Data to process
^^^^^^^^^^^^^^^^

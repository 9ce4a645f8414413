-- ===== src/Value/Convert.antt =====
-- rct/Value.h: the conversions between the types.
use rct.Prelude.{
  ℕ, ◌%◌, Bool, true, false, not, List, [], ◌∷◌, Option, none, some, ◌||◌, if◌then◌else◌, ◌==◌,
}
use rct.Serializer.{u32_mod}
use rct.Value.{Kind, Value, Values, Entries, of_int}
use rct.Value.{
  invalid, undefined, boolean, integer, double, string, null_custom, custom, map, list, date, nil,
  end,
}
use rct.Value.Numbers.{number_int, number_long, parse_long, parse_ulong}
use rct.Value.Json.{Env, to_json}

-- A conversion returns its result and what it leaves in `*ok`.
abbrev pub found : {A : Type 0} → A → A × Bool
found a = (a, true)

abbrev pub or_zero : Option ℕ → ℕ × Bool
or_zero none = (0, false)
or_zero (some n) = (n, true)

-- "true", "false" and "undefined"
abbrev pub true_text : List ℕ
true_text = 116 ∷ 114 ∷ 117 ∷ 101 ∷ []

abbrev pub false_text : List ℕ
false_text = 102 ∷ 97 ∷ 108 ∷ 115 ∷ 101 ∷ []

abbrev pub undefined_text : List ℕ
undefined_text = 117 ∷ 110 ∷ 100 ∷ 101 ∷ 102 ∷ 105 ∷ 110 ∷ 101 ∷ 100 ∷ []

unfoldable pub equal : List ℕ → List ℕ → Bool
equal [] [] = true
equal [] (b ∷ t) = false
equal (a ∷ s) [] = false
equal (a ∷ s) (b ∷ t) = let rest = equal s t in if a == b then rest else false

-- `convert<bool>` of a string
unfoldable pub bool_of_text : List ℕ → Bool × Bool
bool_of_text s =
    if equal s true_text || equal s (49 ∷ [])
    then (true, true)
    else if equal s false_text || equal s (48 ∷ [])
    then (false, true)
    else (false, false)

unfoldable pub convert_custom : Value → Value × Bool
convert_custom null_custom = found null_custom
convert_custom (custom s) = found (custom s)
convert_custom v = (null_custom, false)

unfoldable pub convert_list : Value → Values × Bool
convert_list (list vs) = found vs
convert_list v = (nil, false)

unfoldable pub convert_map : Value → Entries × Bool
convert_map (map es) = found es
convert_map v = (end, false)

module _ (env : Env) where
  -- `convert<int>`, whose result is cut to four bytes.
  unfoldable pub convert_int : Value → ℕ × Bool
  convert_int (date t) = found (t % u32_mod)
  convert_int (integer n) = found (n % u32_mod)
  convert_int (double d) = found (env.round_int32 d)
  convert_int (boolean b) = found (if b then 1 else 0)
  convert_int (string s) = let r = or_zero (parse_long false s) in (r.0 % u32_mod, r.1)
  convert_int v = (0, false)

  -- `convert<long long>`
  unfoldable pub convert_long : Value → ℕ × Bool
  convert_long (date t) = found t
  convert_long (integer n) = found n
  convert_long (double d) = found (env.round_int64 d)
  convert_long (boolean b) = found (if b then 1 else 0)
  convert_long (string s) = or_zero (parse_long true s)
  convert_long v = (0, false)

  -- `convert<unsigned long long>`
  unfoldable pub convert_ulong : Value → ℕ × Bool
  convert_ulong (date t) = found t
  convert_ulong (integer n) = found n
  convert_ulong (double d) = found (env.round_uint64 d)
  convert_ulong (boolean b) = found (if b then 1 else 0)
  convert_ulong (string s) = or_zero (parse_ulong s)
  convert_ulong v = (0, false)

  unfoldable pub convert_bool : Value → Bool × Bool
  convert_bool (integer n) = found (not (n % u32_mod == 0))
  convert_bool (double d) = found (env.is_nonzero d)
  convert_bool (boolean b) = found b
  convert_bool (string s) = bool_of_text s
  convert_bool v = (false, false)

  unfoldable pub convert_double : Value → ℕ × Bool
  convert_double (date t) = found (env.of_int64 t)
  convert_double (integer n) = found (env.of_int32 (n % u32_mod))
  convert_double (double d) = found d
  convert_double (boolean b) = found (env.of_int32 (if b then 1 else 0))
  convert_double (string s) = or_zero (env.parse s)
  convert_double v = (0, false)

  unfoldable pub convert_string : Value → List ℕ × Bool
  convert_string (date t) = found (number_long t)
  convert_string (integer n) = found (number_int (n % u32_mod))
  convert_string (double d) = found (env.print d)
  convert_string (boolean b) = found (if b then true_text else false_text)
  convert_string (string s) = found s
  convert_string undefined = found undefined_text
  convert_string v = found (to_json env false v)

  -- `convert(Type, bool *)`; the temporary of an `int` lies on memory that held `upper`.
  unfoldable pub convert : ℕ → Kind → Value → Value × Bool
  convert upper date v = let r = convert_long v in (integer r.0, r.1)
  convert upper integer v = let r = convert_int v in (of_int upper r.0, r.1)
  convert upper double v = let r = convert_double v in (double r.0, r.1)
  convert upper boolean v = let r = convert_bool v in (boolean r.0, r.1)
  convert upper string v = let r = convert_string v in (string r.0, r.1)
  convert upper invalid v = found invalid
  convert upper undefined v = found undefined
  convert upper custom v = convert_custom v
  convert upper list v = let r = convert_list v in (list r.0, r.1)
  convert upper map v = let r = convert_map v in (map r.0, r.1)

^^^^^^^^^^^^^^^^

Find the lines above that contain the word "abbrev" and copy each one.

Answer to the exercise
abbrev pub found : {A : Type 0} → A → A × Bool
abbrev pub or_zero : Option ℕ → ℕ × Bool
abbrev pub true_text : List ℕ
abbrev pub false_text : List ℕ
abbrev pub undefined_text : List ℕ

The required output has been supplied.